What needs to be done: Copy out each line of the material in which the word "sent" can be found.

Given information:

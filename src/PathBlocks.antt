-- ===== src/PathBlocks.antt =====
-- b_file.c, b_file_write_path_blocks(): a text in as many blocks of 512 bytes as it needs.
use archive_tar_builder.Prelude.{
  ℕ, Option, zero, suc, ◌+◌, ◌-◌, ◌*◌, ◌/◌, ◌≤◌, ◌<◌, ◌≡◌, refl, sym, ap, ap₂, ◌∙◌, none, some, [],
  ◌∷◌, ◌++◌, arith, ltb, if◌then◌else◌, Bytes, length, take, drop, replicate, append-nil,
  append_assoc, length-take, length-drop, take-append-drop, take_all, drop_all, Bool-cases, inl,
  inr, subst,
}
use archive_tar_builder.Buffer.{
  block_size, system, Result, ok, err, Block, Channel, get_block, fill,
}
use archive_tar_builder.Buffer.Stream.{Streams, pad_to, get_block-Streams}
use archive_tar_builder.Buffer.Splice.{get_block-can_splice}

-- `size_t copylen = left < B_BLOCK_SIZE ? left : B_BLOCK_SIZE;`
unfoldable pub copylen : ℕ → ℕ
copylen left = if ltb left block_size then left else block_size

-- `for (i = i; i < len; i += B_BLOCK_SIZE)` with `n` rounds to go. `path` is the text from `i` on, which
-- the source finds by its index. A block of length 0, which is not asked for, would be NULL with
-- `errno` as it was.
unfoldable pub blocks_loop : ℕ → Channel → Bytes → ℕ → Result ℕ × Channel
blocks_loop zero ch path total = (ok total, ch)
blocks_loop (suc n) ch path total =
    let (got, ch') = get_block ch block_size in
    elim got [
      | err e ↦ (err e, ch')
      | ok none ↦ (err (system 0), ch')
      | ok (some b) ↦
          blocks_loop n (fill ch' b.offset (take (copylen (length path)) path))
            (drop block_size path) (total + b.given)
    ]

-- The rounds of the loop
unfoldable pub rounds : ℕ → ℕ
rounds len = (len + 511) / block_size

-- The loop of b_file_write_path_blocks() and of b_file_write_pax_path_blocks()
unfoldable pub write_path_blocks : Channel → Bytes → Result ℕ × Channel
unfolding rounds
write_path_blocks ch path = blocks_loop (rounds (length path)) ch path 0

take-copylen : (s : Bytes) → take (copylen (length s)) s ≡ take block_size s
unfolding copylen
take-copylen s = elim (Bool-cases (ltb (length s) block_size)) [
  | inl e ↦ rw e (take_all (length s) s (omega arith) ∙ sym (take_all block_size s (ground arith)))
  | inr e ↦ rw e refl
]

-- A padded text is its first block and the others.
pad_to-blocks :
    (n : ℕ) (s : Bytes)
    → n * block_size < length s
    → length s ≤ suc n * block_size
    → pad_to block_size (take block_size s) ++ pad_to (n * block_size) (drop block_size s)
      ≡ pad_to (suc n * block_size) s
pad_to-blocks zero s more h =
    ap₂ (λ a b. (a ++ replicate (block_size - length a) 0) ++ (b ++ replicate (0 - length b) 0))
      (take_all block_size s (omega arith)) (drop_all block_size s (omega arith))
    ∙ append-nil (s ++ replicate (block_size - length s) 0)
    ∙ ap (λ k. s ++ replicate k 0) (omega arith)
pad_to-blocks (suc n) s more h =
    let l : length (take block_size s) ≡ block_size = omega (arith, length-take block_size s) in
    ap
      (λ k.
        (take block_size s ++ replicate (block_size - k) 0)
        ++ pad_to (suc n * block_size) (drop block_size s))
      l
    ∙ ap (λ t. t ++ pad_to (suc n * block_size) (drop block_size s))
        (append-nil (take block_size s))
    ∙ sym (
        append_assoc (take block_size s) (drop block_size s)
          (replicate (suc n * block_size - length (drop block_size s)) 0))
    ∙ ap₂ (λ a k. a ++ replicate k 0) (take-append-drop block_size s)
        (omega (arith, length-drop block_size s))

blocks_loop-step :
    (n : ℕ) (ch ch₁ : Channel) (path : Bytes) (total : ℕ) (b : Block)
    → get_block ch block_size ≡ (ok (some b), ch₁)
    → blocks_loop (suc n) ch path total
      ≡ blocks_loop n
          (fill ch₁ b.offset (take (copylen (length path)) path))
          (drop block_size path)
          (total + b.given)
unfolding blocks_loop
blocks_loop-step n ch ch₁ path total b e = ground (arith, e)

blocks_loop-Streams :
    (n : ℕ) {ch : Channel} {s : Bytes} (path : Bytes) (total : ℕ)
    → Streams ch s
    → length path ≤ n * block_size
    → n * block_size < length path + block_size
    → (ch' : Channel) × (blocks_loop n ch path total ≡ (ok (total + n * block_size), ch'))
      × Streams ch' (s ++ pad_to (n * block_size) path)
unfolding blocks_loop
blocks_loop-Streams zero {ch} {s} [] total h fits tight =
    (ch, ap (λ t. (ok t, ch)) (omega arith), rw (append-nil s) h)
blocks_loop-Streams zero {ch} {s} (c ∷ path) total h fits tight = absurd (omega arith)
blocks_loop-Streams (suc n) {ch} {s} path total h fits tight =
    let v = take block_size path in
    let small : length v ≤ block_size = omega (arith, length-take block_size path) in
    let (b, ch₁, got, given, filled) = get_block-Streams v h small in
    let (ch', looped, sent) =
      blocks_loop-Streams n (drop block_size path) (total + b.given) filled
        (omega (arith, length-drop block_size path)) (omega (arith, length-drop block_size path)) in
    (
      ch',
      blocks_loop-step n ch ch₁ path total b got
          ∙ ap (λ t. blocks_loop n (fill ch₁ b.offset t) (drop block_size path) (total + b.given))
              (take-copylen path)
          ∙ looped
          ∙ ap (λ t. (ok t, ch')) (omega (arith, given)),
      subst (Streams ch')
          (append_assoc s (pad_to block_size v) (pad_to (n * block_size) (drop block_size path))
            ∙ ap (λ t. s ++ t) (pad_to-blocks n path (omega arith) fits))
          sent,
    )

-- On a channel whose stream is `s`, all of the text is sent, padded with zeros to whole blocks, and the
-- number returned is the padded length.
pub write_path_blocks-Streams :
    {ch : Channel} {s : Bytes} (path : Bytes)
    → Streams ch s
    → let padded = rounds (length path) * block_size in
      (ch' : Channel) × (write_path_blocks ch path ≡ (ok padded, ch'))
      × Streams ch' (s ++ pad_to padded path)
unfolding write_path_blocks
write_path_blocks-Streams {ch} path h =
    let (ch', e, k) =
      blocks_loop-Streams (rounds (length path)) path 0 h (omega arith) (omega arith) in
    (ch', e ∙ ap (λ t. (ok t, ch')) (omega arith), k)

after_got-can_splice :
    (n : ℕ) (ch : Channel) (path : Bytes) (total : ℕ) (got : Result (Option Block))
    → ((ch : Channel) (path : Bytes) (total : ℕ)
        → (blocks_loop n ch path total).1.buf.can_splice ≡ ch.buf.can_splice)
    → (elim got as (λ r. Result ℕ × Channel) [
      | err e ↦ (err e, ch)
      | ok none ↦ (err (system 0), ch)
      | ok (some b) ↦
          blocks_loop n
            (fill ch b.offset (take (copylen (length path)) path))
            (drop block_size path)
            (total + b.given)
    ]).1.buf.can_splice
      ≡ ch.buf.can_splice
unfolding fill
after_got-can_splice n ch path total (err e) rest = refl
after_got-can_splice n ch path total (ok none) rest = refl
after_got-can_splice n ch path total (ok (some b)) rest =
    rest (fill ch b.offset (take (copylen (length path)) path)) (drop block_size path)
      (total + b.given)

-- The loop leaves alone what the channel says of splice(2).
pub blocks_loop-can_splice :
    (n : ℕ) (ch : Channel) (path : Bytes) (total : ℕ)
    → (blocks_loop n ch path total).1.buf.can_splice ≡ ch.buf.can_splice
unfolding blocks_loop
blocks_loop-can_splice zero ch path total = refl
blocks_loop-can_splice (suc n) ch path total =
    after_got-can_splice n (get_block ch block_size).1 path total (get_block ch block_size).0
      (blocks_loop-can_splice n)
    ∙ get_block-can_splice ch block_size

Finished task:
    let (ch', looped, sent) =
          sent,
-- On a channel whose stream is `s`, all of the text is sent, padded with zeros to whole blocks, and the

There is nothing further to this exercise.